Binance categorically denied a news story published by Forbes, which claimed that the world’s leading central exchange had transferred about $1.8 billion intended to secure the BUSD to various hedge funds.
According to a story published in Forbes, Binance engaged in bad practices similar to those that led to the bankruptcy of FTX.
According to Forbes, last year Binance transferred to certain hedge funds the sum of $1.8 billion in stablecoins.
As the media outlet reported, it discovered the transfer after investigating Binance’s on-chain activities, which showed the transfer of $1.78 billion of collateral to several hedge funds.
According to the Forbes story, Binance transferred the collateral to hedge funds such as Cumberland/DRW and Alameda Research and did not inform any of its clients of the movement of the funds.

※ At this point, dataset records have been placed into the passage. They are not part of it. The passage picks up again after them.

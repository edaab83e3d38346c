-- ===== src/Server/Locks.antt =====
-- The mutexes of `InnerServer` in server/inner.rs, in what order the operations there and the tasks
-- of server/runner.rs take them, and how such tasks run interleaved. `lock!` waits until nobody
-- holds the mutex, the caller included. A guard is released by `drop`, at the end of its statement
-- where it has no name, and at the latest when the function returns, which it may do early.
pub mod Operations
pub mod Progress
pub mod Order
pub mod Deadlock
use mathlib.Core.Option
use frclib_nettables.Base.{
  ℕ, zero, suc, ◌≡◌, Bool, true, false, not, Option, none, some, List, [], ◌∷◌, ◌++◌, any, retain,
  ◌==◌, if◌then◌else◌,
}

-- A mutex stands for its place in the order in which `subscribe` and `connect_client` take them.
abbrev pub Mutex : Type 0
Mutex = ℕ

abbrev pub clients : Mutex
clients = 0

abbrev pub topic_map : Mutex
topic_map = 1

abbrev pub topic_sub_map : Mutex
topic_sub_map = 2

abbrev pub topic_value_map : Mutex
topic_value_map = 3

abbrev pub topics : Mutex
topics = 4

abbrev pub pub_count : Mutex
pub_count = 5

abbrev pub counters : Mutex
counters = 6

abbrev pub client_map : Mutex
client_map = 7

abbrev pub metatopic_value_map : Mutex
metatopic_value_map = 8

abbrev pub client_metatopic_map : Mutex
client_metatopic_map = 9

abbrev pub sub_send_timestamps : Mutex
sub_send_timestamps = 10

abbrev pub sub_values : Mutex
sub_values = 11

abbrev pub subscriptions : Mutex
subscriptions = 12

abbrev pub mutexes : ℕ
mutexes = 13

pub data Action : Type 0 where
  acquire : Mutex → Action
  release : Mutex → Action
  returns : Action

-- A guard that lives for one statement.
abbrev pub briefly : Mutex → List Action → List Action
briefly m rest = acquire m ∷ release m ∷ rest

pub record Task : Type 0 where
  pub held : List Mutex
  pub rest : List Action

unfoldable pub holds : Mutex → Task → Bool
holds m t = any (λ k. k == m) t.held

unfoldable pub is_taken : Mutex → List Task → Bool
unfolding holds
is_taken m ts = any (holds m) ts

-- What a task that holds `held` does next, beside the tasks `ts`; `none` if it waits or is done.
unfoldable pub advance_by : List Task → List Mutex → List Action → Option Task
unfolding is_taken
advance_by ts held [] = none
advance_by ts held (acquire m ∷ rest) =
    if is_taken m ts then none else some (record { held = m ∷ held; rest = rest })
advance_by ts held (release m ∷ rest) =
    some (record { held = retain (λ k. not (k == m)) held; rest = rest })
advance_by ts held (returns ∷ rest) = some (record { held = []; rest = rest })

abbrev pub advance : List Task → Task → Option Task
advance ts t = advance_by ts t.held t.rest

-- The task at a place in the list takes its next action.
unfoldable pub run_at : List Task → ℕ → List Task → Option (List Task)
run_at all i [] = none
run_at all zero (t ∷ ts) = Option.map (λ u. u ∷ ts) (advance all t)
run_at all (suc i) (t ∷ ts) = Option.map (λ us. t ∷ us) (run_at all i ts)

-- The states that tasks go through, in any order.
pub data Reach (ts : List Task) : List Task → Type 0 where
  here : Reach ts ts
  later : {us vs : List Task} (i : ℕ) → Reach ts us → run_at us i us ≡ some vs → Reach ts vs

-- An operation that returns after so many of its actions, if it has more.
unfoldable pub cut : ℕ → List Action → List Action
cut zero actions = returns ∷ []
cut (suc k) [] = []
cut (suc k) (a ∷ actions) = a ∷ cut k actions

abbrev pub task_of : List Action → Task
task_of actions = record { held = []; rest = actions }
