-- ===== src/Server/Locks/Operations.antt =====
-- Which mutexes the operations of server/inner.rs and the tasks of server/runner.rs take, in order.
use frclib_nettables.Base.{Bool, if◌then◌else◌, List, [], ◌∷◌}
use frclib_nettables.Server.Locks.{
  Action, acquire, release, returns, briefly, clients, topic_map, topic_sub_map, topic_value_map,
  topics, pub_count, counters, client_map, metatopic_value_map, client_metatopic_map,
  sub_send_timestamps, sub_values, subscriptions,
}

pub data Operation : Type 0 where
  -- Whether the names of the two metatopics of the client are known.
  connect_client : Bool → Bool → Operation
  subscribe : Operation
  unsubscribe : Operation
  set_properties : Operation
  un_announce_topics : Operation
  inner_publish_topic : Operation
  publish_again : Operation
  inner_unpublish_topic : Operation
  disconnect_client : Operation
  get_topic_idx : Operation
  get_value : Operation
  flush_client : Operation
  set_value : Operation
  receive_value : Operation
  send_out : Operation

-- `add_topic` of a metatopic.
abbrev add_metatopic : List Action → List Action
add_metatopic rest = briefly topic_map (
    acquire topics
    ∷ briefly counters
        (release topics ∷ briefly pub_count (briefly topic_map (briefly topic_sub_map rest))))

-- `announce_topic` for nobody in particular, and with an answer to a client.
abbrev announcing : List Action → List Action
announcing rest = briefly topics (briefly subscriptions (briefly clients rest))

abbrev answering : List Action → List Action
answering rest =
    acquire topics ∷ briefly clients (release topics ∷ briefly subscriptions (briefly clients rest))

-- `add_topic` of a new topic that is no metatopic.
abbrev add_new_topic : List Action → List Action
add_new_topic rest = add_metatopic (add_metatopic (announcing (add_metatopic (announcing rest))))

-- The metatopic of a client that is not the server.
abbrev merging : List Action → List Action
merging rest =
    acquire client_metatopic_map ∷ briefly metatopic_value_map (release client_metatopic_map ∷ rest)

-- `remove_topic`, the last three until it returns.
abbrev removing : List Action → List Action
removing rest =
    acquire topics
    ∷ acquire topic_map
    ∷ release topics
    ∷ release topic_map
    ∷ acquire topic_sub_map
    ∷ acquire topic_value_map
    ∷ acquire metatopic_value_map
    ∷ release metatopic_value_map
    ∷ release topic_value_map
    ∷ release topic_sub_map
    ∷ rest

abbrev setting : List Action → List Action
setting rest = briefly topics (
    acquire sub_values
    ∷ acquire topic_sub_map
    ∷ release topic_sub_map
    ∷ release sub_values
    ∷ briefly topic_value_map rest)

-- `add_topic` of a metatopic, whose name may be known.
abbrev enter_metatopic : Bool → List Action → List Action
enter_metatopic known rest = if known then briefly topic_map rest else add_metatopic rest

-- The whole way through each operation.
abbrev pub connect_client_locks : Bool → Bool → List Action
connect_client_locks pub_known sub_known = briefly client_map (
    acquire clients
    ∷ acquire counters
    ∷ briefly client_map (
        briefly metatopic_value_map (
          release clients
          ∷ release counters
          ∷ enter_metatopic pub_known
              (enter_metatopic sub_known (briefly client_metatopic_map (returns ∷ []))))))

abbrev pub subscribe_locks : List Action
subscribe_locks =
    acquire clients
    ∷ acquire topic_map
    ∷ acquire topic_sub_map
    ∷ acquire topic_value_map
    ∷ briefly counters (
        acquire topics
        ∷ briefly sub_send_timestamps (briefly sub_values (briefly subscriptions (returns ∷ []))))

abbrev pub unsubscribe_locks : List Action
unsubscribe_locks =
    acquire clients
    ∷ acquire topic_sub_map
    ∷ briefly subscriptions (briefly sub_values (briefly sub_send_timestamps (returns ∷ [])))

abbrev pub set_properties_locks : List Action
set_properties_locks = briefly topic_map (briefly topics (returns ∷ []))

abbrev pub un_announce_topics_locks : List Action
un_announce_topics_locks = acquire clients ∷ returns ∷ []

-- A client with a new topic, and the server itself with one that there is.
abbrev pub inner_publish_topic_locks : List Action
inner_publish_topic_locks = add_new_topic (answering (briefly clients (merging (returns ∷ []))))

abbrev pub publish_again_locks : List Action
publish_again_locks =
    briefly topic_map (answering (briefly clients (briefly metatopic_value_map (returns ∷ []))))

-- With the last publisher of a topic.
abbrev pub inner_unpublish_topic_locks : List Action
inner_unpublish_topic_locks =
    acquire clients
    ∷ briefly topics (release clients ∷ acquire pub_count ∷ removing (merging (returns ∷ [])))

-- With a client that is the last publisher of one topic. The guard of the scrutinee of a `match` or
-- an `if let` lives as long as that.
abbrev pub disconnect_client_locks : List Action
disconnect_client_locks = briefly client_map (
    acquire clients
    ∷ acquire pub_count
    ∷ removing (
        release pub_count
        ∷ briefly client_metatopic_map (removing (removing (release clients ∷ returns ∷ [])))))

abbrev pub get_topic_idx_locks : List Action
get_topic_idx_locks = briefly topic_map (returns ∷ [])

abbrev pub get_value_locks : List Action
get_value_locks = briefly topic_value_map (returns ∷ [])

abbrev pub flush_client_locks : List Action
flush_client_locks = acquire clients ∷ returns ∷ []

abbrev pub set_value_locks : List Action
set_value_locks = setting (returns ∷ [])

abbrev pub receive_value_locks : List Action
receive_value_locks = acquire clients ∷ setting (returns ∷ [])

abbrev pub send_out_locks : List Action
send_out_locks =
    acquire subscriptions
    ∷ acquire sub_values
    ∷ acquire sub_send_timestamps
    ∷ acquire clients
    ∷ release subscriptions
    ∷ release sub_send_timestamps
    ∷ release sub_values
    ∷ release clients
    ∷ []

unfoldable pub locks_of : Operation → List Action
locks_of (connect_client pub_known sub_known) = connect_client_locks pub_known sub_known
locks_of subscribe = subscribe_locks
locks_of unsubscribe = unsubscribe_locks
locks_of set_properties = set_properties_locks
locks_of un_announce_topics = un_announce_topics_locks
locks_of inner_publish_topic = inner_publish_topic_locks
locks_of publish_again = publish_again_locks
locks_of inner_unpublish_topic = inner_unpublish_topic_locks
locks_of disconnect_client = disconnect_client_locks
locks_of get_topic_idx = get_topic_idx_locks
locks_of get_value = get_value_locks
locks_of flush_client = flush_client_locks
locks_of set_value = set_value_locks
locks_of receive_value = receive_value_locks
locks_of send_out = send_out_locks
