-- ===== src/Server/Locks/Deadlock.antt =====
-- Tasks of server/inner.rs and server/runner.rs that wait for each other for ever.

use frclib_nettables.Base.{
  ℕ, zero, suc, ◌≡◌, ◌≢◌, refl, subst, inl, inr, Bool, true, false, not, ◌&&◌, ◌||◌, some, List, [],
  ◌∷◌, any, retain, In, any-of_In, ◌==◌, arith, Option-cases,
}
use frclib_nettables.Server.Locks.{
  Mutex, Action, acquire, release, returns, Task, holds, is_taken, advance, advance_by, run_at,
  Reach, here, later, task_of, clients, sub_values, subscriptions, topics, topic_map,
}
use frclib_nettables.Server.Locks.Operations.{
  Operation, subscribe, receive_value, send_out, locks_of, publish_again,
}

-- Whether a task takes `b` before it gives `a` back.
needs : Mutex → Mutex → List Action → Bool
needs a b [] = false
needs a b (acquire m ∷ rest) = m == b || needs a b rest
needs a b (release m ∷ rest) = not (m == a) && needs a b rest
needs a b (returns ∷ rest) = false

abbrev IsCaught : Mutex → Mutex → List Mutex → List Action → Type 0
IsCaught a b held rest = (any (λ k. k == a) held ≡ true) × (needs a b rest ≡ true)

abbrev SomeCaught : Mutex → Mutex → List Task → Type 0
SomeCaught a b ts = (t : Task) × In t ts × IsCaught a b t.held t.rest

retain-holds :
    (a m : ℕ) (held : List ℕ)
    → (m == a) ≡ false
    → any (λ k. k == a) held ≡ true
    → any (λ k. k == a) (retain (λ k. not (k == m)) held) ≡ true
retain-holds a m [] other h = h
retain-holds a m (k ∷ held) other h = ground (arith, retain-holds a m held other)

advance-IsCaught :
    (a b : ℕ) (all : List Task) (held : List ℕ) (rest : List Action) (u : Task)
    → is_taken b all ≡ true
    → IsCaught a b held rest
    → advance_by all held rest ≡ some u
    → IsCaught a b u.held u.rest
unfolding advance_by needs
advance-IsCaught a b all held [] u taken caught e = absurd (cc)
advance-IsCaught a b all held (acquire m ∷ rest) u taken caught e = ground arith
advance-IsCaught a b all held (release m ∷ rest) u taken caught e =
    ground (arith, retain-holds a m held)
advance-IsCaught a b all held (returns ∷ rest) u taken caught e = absurd (cc)

run_at-caught :
    (a b : ℕ) (all : List Task) (i : ℕ) (ts us : List Task)
    → is_taken b all ≡ true
    → SomeCaught a b ts
    → run_at all i ts ≡ some us
    → SomeCaught a b us
unfolding run_at
run_at-caught a b all i [] us taken caught e = absurd (cc)
run_at-caught a b all zero (x ∷ ts) us taken (t, m, c) e = elim (Option-cases (advance all x)) [
  | inl f ↦ absurd (cc)
  | inr (u, f) ↦ subst (SomeCaught a b) {x = u ∷ ts} (cc) (elim m [
    | inl same ↦ (
      u,
      inl refl,
      advance-IsCaught a b all x.held x.rest u taken
          (subst (λ t. IsCaught a b t.held t.rest) same c) f,
    )
    | inr behind ↦ (t, inr behind, c)
  ])
]
run_at-caught a b all (suc i) (x ∷ ts) us taken (t, m, c) e =
    elim (Option-cases (run_at all i ts)) [
      | inl f ↦ absurd (cc)
      | inr (vs, f) ↦ subst (SomeCaught a b) {x = x ∷ vs} (cc) (elim m [
        | inl same ↦ (t, inl same, c)
        | inr behind ↦
            let (u, u_in, c') = run_at-caught a b all i ts vs taken (t, behind, c) f in
            (u, inr u_in, c')
      ])
    ]

caught-is_taken : (a b : ℕ) (ts : List Task) → SomeCaught a b ts → is_taken a ts ≡ true
unfolding is_taken holds
caught-is_taken a b ts (t, t_in, c) = any-of_In (holds a) ts t t_in c.0

-- Two tasks that each hold what the other waits for.
Reach-caught :
    (a b : ℕ) (ts us : List Task)
    → SomeCaught a b ts
    → SomeCaught b a ts
    → Reach ts us
    → SomeCaught a b us × SomeCaught b a us
Reach-caught a b ts us one two here = (one, two)
Reach-caught a b ts vs one two (later {us} i r e) =
    let (p, q) = Reach-caught a b ts us one two r in
    (
      run_at-caught a b us i us vs (caught-is_taken b a us q) p e,
      run_at-caught b a us i us vs (caught-is_taken a b us p) q e,
    )

-- The mutexes are never free again.
abbrev pub StaysTaken : Mutex → Mutex → List Task → Type 0
StaysTaken a b us = (vs : List Task) → Reach us vs → (is_taken a vs ≡ true) × (is_taken b vs ≡ true)

caught-StaysTaken :
    (a b : ℕ) (us : List Task) → SomeCaught a b us → SomeCaught b a us → StaysTaken a b us
caught-StaysTaken a b us one two vs r =
    let (p, q) = Reach-caught a b us vs one two r in
    (caught-is_taken a b vs p, caught-is_taken b a vs q)

-- The operations of the task that parses messages which store something for a subscription.
pub data Parsing : Operation → Type 0 where
  subscribing : Parsing subscribe
  receiving : Parsing receive_value

abbrev pub beside : Operation → Operation → List Task → List Task
beside one two others = task_of (locks_of one) ∷ task_of (locks_of two) ∷ others

-- The first of two tasks takes `a`, and the second one takes `k` and then `b`.
both_begin :
    (a k b : ℕ) (one two : List Action) (others : List Task)
    → k ≢ a
    → b ≢ a
    → b ≢ k
    → is_taken a others ≡ false
    → is_taken k others ≡ false
    → is_taken b others ≡ false
    → Reach
        (task_of (acquire a ∷ one) ∷ task_of (acquire k ∷ acquire b ∷ two) ∷ others)
        (record { held = a ∷ []; rest = one } ∷ record { held = b ∷ k ∷ []; rest = two } ∷ others)
unfolding advance_by is_taken holds run_at
both_begin a k b one two others ka ba bk free_a free_k free_b =
    let t0 : Task = task_of (acquire a ∷ one) in
    let t1 : Task = record { held = a ∷ []; rest = one } in
    let u0 : Task = task_of (acquire k ∷ acquire b ∷ two) in
    let u1 : Task = record { held = k ∷ []; rest = acquire b ∷ two } in
    later {us = t1 ∷ u1 ∷ others} 1
      (later {us = t1 ∷ u0 ∷ others} 1 (later {us = t0 ∷ u0 ∷ others} 0 here (ground arith))
        (ground arith))
      (ground arith)

-- The first of two tasks looks at `m` and takes `a`, and the second one takes `b`.
publisher_begins :
    (m a b : ℕ) (one two : List Action) (others : List Task)
    → m ≢ a
    → b ≢ a
    → is_taken m others ≡ false
    → is_taken a others ≡ false
    → is_taken b others ≡ false
    → Reach
        (task_of (acquire m ∷ release m ∷ acquire a ∷ one) ∷ task_of (acquire b ∷ two) ∷ others)
        (record { held = a ∷ []; rest = one } ∷ record { held = b ∷ []; rest = two } ∷ others)
unfolding advance_by is_taken holds run_at
publisher_begins m a b one two others ma ba free_m free_a free_b =
    let t0 : Task = task_of (acquire m ∷ release m ∷ acquire a ∷ one) in
    let t1 : Task = record { held = m ∷ []; rest = release m ∷ acquire a ∷ one } in
    let t2 : Task = task_of (acquire a ∷ one) in
    let t3 : Task = record { held = a ∷ []; rest = one } in
    let u0 : Task = task_of (acquire b ∷ two) in
    later {us = t3 ∷ u0 ∷ others} 1
      (later {us = t2 ∷ u0 ∷ others} 0
        (later {us = t1 ∷ u0 ∷ others} 0 (later {us = t0 ∷ u0 ∷ others} 0 here (ground arith))
          (ground arith))
        (ground arith))
      (ground arith)

-- The task that parses messages and the task that sends values can come to a standstill, whatever
-- tasks that hold neither `clients`, `subscriptions` nor `sub_values` are beside them: while the
-- one subscribes or stores a value and the other begins a pass, they reach a state after which
-- `clients` and `sub_values` are never free again.
pub send_out-deadlock :
    (op : Operation) (others : List Task)
    → Parsing op
    → is_taken clients others ≡ false
    → is_taken subscriptions others ≡ false
    → is_taken sub_values others ≡ false
    → (us : List Task) × Reach (beside op send_out others) us × StaysTaken clients sub_values us
unfolding locks_of needs
send_out-deadlock op others subscribing free_a free_k free_b = (
  _,
  both_begin clients subscriptions sub_values _ _ others (λ e. omega (arith, e))
      (λ e. omega (arith, e)) (λ e. omega (arith, e)) free_a free_k free_b,
  caught-StaysTaken clients sub_values _ (_, inl refl, (refl, refl))
      (_, inr (inl refl), (refl, refl)),
)
send_out-deadlock op others receiving free_a free_k free_b = (
  _,
  both_begin clients subscriptions sub_values _ _ others (λ e. omega (arith, e))
      (λ e. omega (arith, e)) (λ e. omega (arith, e)) free_a free_k free_b,
  caught-StaysTaken clients sub_values _ (_, inl refl, (refl, refl))
      (_, inr (inl refl), (refl, refl)),
)

-- A task of the server's side publishes a topic that there is, while the task that parses messages
-- subscribes for a client. Whatever tasks that hold neither `clients`, `topics` nor `topic_map` are
-- beside them, they can reach a state after which `clients` and `topics` are never free again.
pub publish_again-deadlock :
    (others : List Task)
    → is_taken clients others ≡ false
    → is_taken topics others ≡ false
    → is_taken topic_map others ≡ false
    → (us : List Task) × Reach (beside publish_again subscribe others) us
      × StaysTaken topics clients us
unfolding locks_of needs
publish_again-deadlock others free_c free_t free_m = (
  _,
  publisher_begins topic_map topics clients _ _ others (λ e. omega (arith, e))
      (λ e. omega (arith, e)) free_m free_t free_c,
  caught-StaysTaken topics clients _ (_, inl refl, (refl, refl)) (_, inr (inl refl), (refl, refl)),
)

Forbes added that it had been investigating data on the blockchain from August to early December, the same time period that the FTX scandal was revealed.
However, Binance has categorically denied that it has committed any wrongdoing, and the cryptocurrency community is also shown to have doubts about the accuracy of Forbes’ information.
According to the Forbes article, Binance had always used its collateral to freeze BUSD in violation of its own rules. Specifically, it withdrew $3.63 billion from the “freeze” wallet to the “Binance 8” cold wallet and then returned the $1.85 billion to the “freeze” wallet and transferred the remaining $1.78 billion to the “Binance 14” cold wallet.
These funds were then distributed to companies including Amber Group, Cumberland, Alameda Research and TRON founder Justin Sun.
Abuse of client funds, says Forbes
The article states that BUSD had been left without sufficient collateral for four months, as when Binance withdrew the $1.78 billion it did not reduce BUSD’s offering to be fully funded.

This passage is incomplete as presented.